If a hacker on the network wants to tamper with data without consent, even if he knows that the "private key" generates the "public key" by multiplying two prime numbers, he does not know which the two prime numbers are. Therefore, in order to find the private key of "public key" 135423, he can only try one by one in the most direct way: 001 x 02, …, 998 x 999, etc. This process is difficult when the prime number is large.
Such an example is relatively simple. A computer can calculate the "private key" of the above example directly from the "public key". However, the elliptic curve algorithm used by the Bitcoin system to generate "public key" from "private key" is difficult to crack with existing technology. Because its prime number is very large. Moreover, the private key decryption process in the Bitcoin system is realized by a stack execution language of reverse Polish notation.
The private key can deduce the public key and public key hash, but the public key and public key hash cannot deduce the private key. Therefore, the private key needs to be well kept by the user. Once the private key is lost, the assets in the account cannot be retrieved.
Asymmetric algorithms are the basis of blockchain operation. In addition to the elliptic curve cryptographic algorithm used in blockchains such as Bitcoin and Ethereum, the following different cryptographic algorithms are also common in blockchains.

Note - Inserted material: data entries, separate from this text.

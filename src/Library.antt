-- ===== src/Library.antt =====
-- internal/library/service.go: the knowledge bases that a user owns, has been given or follows.
pub mod Views
pub mod Distinct
use my_kb.Prelude.{
  ℕ, Bool, true, false, ◌||◌, ◌&&◌, not, String, ◌=ℕ=◌, ltb, leb, Option, none, some, List, [], ◌∷◌,
  ◌++◌, map, member, if◌then◌else◌,
}
use my_kb.Result.{Result, ok, err, Exec, fail, fail_if, pure, lift, attempt, wrap, ◌>>=◌, ◌>>◌}
use my_kb.Text.{is_blank}
use my_kb.Http.{Headers, UpstreamErr}
use my_kb.Paging.{Page, paginate, is_negative}
use my_kb.Profile.{ProductMode, rag}
use my_kb.Authorization as Decisions
use my_kb.Authorization.{
  Principal, Decision, Role, no_role, viewer_role, editor_role, owner_role, Source, no_source,
  owner_source, user_grant, subscription_source, public_source,
}
use my_kb.Subscription.Service as Subscriptions

-- `panicked` stands for a slice expression out of bounds.
pub data Err : Type 0 where
  invalid unavailable panicked : Err

-- A Go string type with named values: `unknown` holds every other text.
pub data View : Type 0 where
  owned shared subscribed everything : View
  unknown : String → View

-- weknora.KnowledgeBase, the fields that List shows.
pub record KnowledgeBase : Type 0 where
  pub id : String
  pub name : String
  pub description : String
  pub kind : String
  pub creator_id : String

-- An absent field of the JSON object is empty, zero or `none`.
pub record Item : Type 0 where
  pub id : String
  pub name : String
  pub description : String
  pub kind : String
  pub creator_id : String
  pub role : Role
  pub product_mode : ProductMode
  pub access_source : Source
  pub publication_id : String
  pub current_revision : ℕ
  pub last_seen_revision : ℕ
  pub updated : Bool

-- Upstream, Decisions, and SubscriptionLister where it is configured.
pub record Readers (S : Type 0) : Type 0 where
  pub list_knowledge_bases : Headers → Exec S UpstreamErr (List KnowledgeBase)
  pub decide : String → Principal → Headers → Exec S Decisions.Err Decision
  pub subscriptions :
      Option (Subscriptions.Actor → Exec S Subscriptions.Err (List Subscriptions.Item))

unfoldable pub known_view : View → Bool
known_view (unknown s) = false
known_view _ = true

-- `view == ViewSubscribed || view == ViewAll`
unfoldable pub with_subscribed : View → Bool
with_subscribed subscribed = true
with_subscribed everything = true
with_subscribed _ = false

unfoldable pub is_owner : Role → Bool
is_owner owner_role = true
is_owner _ = false

unfoldable pub from_grant : Source → Bool
from_grant user_grant = true
from_grant _ = false

unfoldable pub from_owner : Source → Bool
from_owner owner_source = true
from_owner _ = false

-- The test by which the loop of List leaves a knowledge base out.
unfoldable pub left_out : View → Decision → Bool
unfolding is_owner from_grant from_owner
left_out owned d = not (is_owner d.role)
left_out shared d = not (from_grant d.source)
left_out everything d = not (from_owner d.source) && not (from_grant d.source)
left_out _ d = false

unfoldable pub decided_item : KnowledgeBase → Decision → Item
decided_item kb d = record {
  id = kb.id;
  name = kb.name;
  description = kb.description;
  kind = kb.kind;
  creator_id = kb.creator_id;
  role = d.role;
  product_mode = d.product_mode;
  access_source = d.source;
  publication_id = "";
  current_revision = 0;
  last_seen_revision = 0;
  updated = false;
}

unfoldable pub followed_item : Subscriptions.Item → Item
followed_item f = record {
  id = f.publication.knowledge_base_id;
  name = f.publication.title;
  description = f.publication.description;
  kind = "";
  creator_id = f.publication.publisher_id;
  role = viewer_role;
  product_mode = rag;
  access_source = subscription_source;
  publication_id = f.publication.id;
  current_revision = f.current_revision;
  last_seen_revision = f.subscription.last_seen_revision;
  updated = f.updated;
}

-- What Decide returned for one knowledge base: an entry, or none.
unfoldable pub after_decision :
    View → KnowledgeBase → Result Decisions.Err Decision → Result Err (Option Item)
unfolding left_out
after_decision view kb (ok d) = if left_out view d then ok none else ok (some (decided_item kb d))
after_decision view kb (err Decisions.Err.not_found) = ok none
after_decision view kb (err e) = err unavailable

unfoldable pub with_item : Option Item → List Item → List Item
with_item none items = items
with_item (some i) items = i ∷ items

unfoldable pub ids_of : List Item → List String
ids_of items = map (λ (i : Item). i.id) items

-- The loop that appends the subscribed knowledge bases that are not there yet.
unfoldable pub merge : List String → List Item → List Item
merge seen [] = []
merge seen (item ∷ items) =
    let again = merge seen items in
    let first = item ∷ merge (item.id ∷ seen) items in if member item.id seen then again else first

-- The first test of List.
unfoldable pub refused : View → ℕ → ℕ → Principal → Bool
refused view page page_size p =
    not (known_view view)
    || (is_negative page || ltb page 1)
    || (is_negative page_size || ltb page_size 1)
    || ltb 100 page_size
    || is_blank p.user_id
    || p.tenant_id =ℕ= 0

-- paginate, which panics where the slice expression does.
unfoldable pub page_of : ℕ → ℕ → List Item → Result Err (Page Item)
page_of page page_size items = elim (paginate items page page_size) [
  | none ↦ err panicked
  | some p ↦ ok p
]

module _ {S : Type 0} where
  -- subscriptionItems; List asks for it only where a lister is configured.
  unfoldable pub items_from :
      Option (Subscriptions.Actor → Exec S Subscriptions.Err (List Subscriptions.Item))
      → Principal
      → Exec S Err (List Item)
  items_from none p = fail unavailable
  items_from (some list) p = do
    items ← wrap (λ _. unavailable) (list (record { user_id = p.user_id; tenant_id = p.tenant_id }))
    pure (map followed_item items)

module _ {S : Type 0} (readers : Readers S) where
  unfoldable pub subscription_items : Principal → Exec S Err (List Item)
  subscription_items p = items_from readers.subscriptions p

  unfoldable pub no_lister : Bool
  no_lister = elim readers.subscriptions [ none ↦ true | some _ ↦ false ]

  -- The loop of List over the knowledge bases of the upstream.
  unfoldable pub authorized :
      View → Principal → Headers → List KnowledgeBase → Exec S Err (List Item)
  authorized view p headers [] = pure []
  authorized view p headers (kb ∷ kbs) = do
    found ← attempt (readers.decide kb.id p headers)
    item ← lift (after_decision view kb found)
    items ← authorized view p headers kbs
    pure (with_item item items)

  -- What List does after the loop.
  unfoldable pub with_followed : View → Principal → List Item → Exec S Err (List Item)
  with_followed everything p items = do
    followed ← subscription_items p
    pure (items ++ merge (ids_of items) followed)
  with_followed _ p items = pure items

  -- The views that start from the knowledge bases of the upstream.
  unfoldable pub listing : View → Principal → Headers → Exec S Err (List Item)
  listing view p headers = do
    kbs ← wrap (λ _. unavailable) (readers.list_knowledge_bases headers)
    items ← authorized view p headers kbs
    with_followed view p items

  -- List before it cuts the page out.
  unfoldable pub unpaged : View → Principal → Headers → Exec S Err (List Item)
  unpaged subscribed p headers = subscription_items p
  unpaged view p headers = listing view p headers

  -- Service.List
  unfoldable pub list : View → ℕ → ℕ → Principal → Headers → Exec S Err (Page Item)
  list view page page_size p headers = fail_if (refused view page page_size p) invalid (
      fail_if (with_subscribed view && no_lister) unavailable
        (do items ← unpaged view p headers; lift (page_of page page_size items)))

RSA (Rivest Shamir Adleman) algorithm: because it is difficult to crack, it is widely used in the field of digital encryption and digital signature. In the RSA algorithm, both public and private keys can be used to encrypt information. If the public key is used to encrypt (to prevent information from being stolen) , the private key will be used to decrypt. If the private key is used to encrypt (to prevent information from being tampered), the public key will be used to decrypt (digital signature). Theoretically, the longer the number of key bits in the RSA algorithm, the more difficult it is to crack (quantum computing is not excluded). Therefore, the key commonly used in the industry is no less than 2048 bits.
DSA digital signature algorithm: this algorithm cannot encrypt or decrypt information, and is mainly used to sign and authenticate encrypted information. The security is as high as the RSA algorithm, but the processing speed is faster.
ECC elliptic-curve cryptographic algorithm: the encryption process is derived from the elliptic curve in mathematics. Compared with the RSA algorithm, ECC algorithm has faster encryption and decryption speed and higher unit security intensity. With the same key length, ECC algorithm has the highest security.
Cryptography is one of the basic technologies supporting the operation of blockchain systems. It has become an indispensable part of modern computer security and a key component of the growing cryptocurrency ecosystem. With the continuous development of cryptography, Symmetric-key Algorithms and Asymmetric-key Algorithms will play a greater role in resisting various threats in the future computer security and cryptocurrency security validation.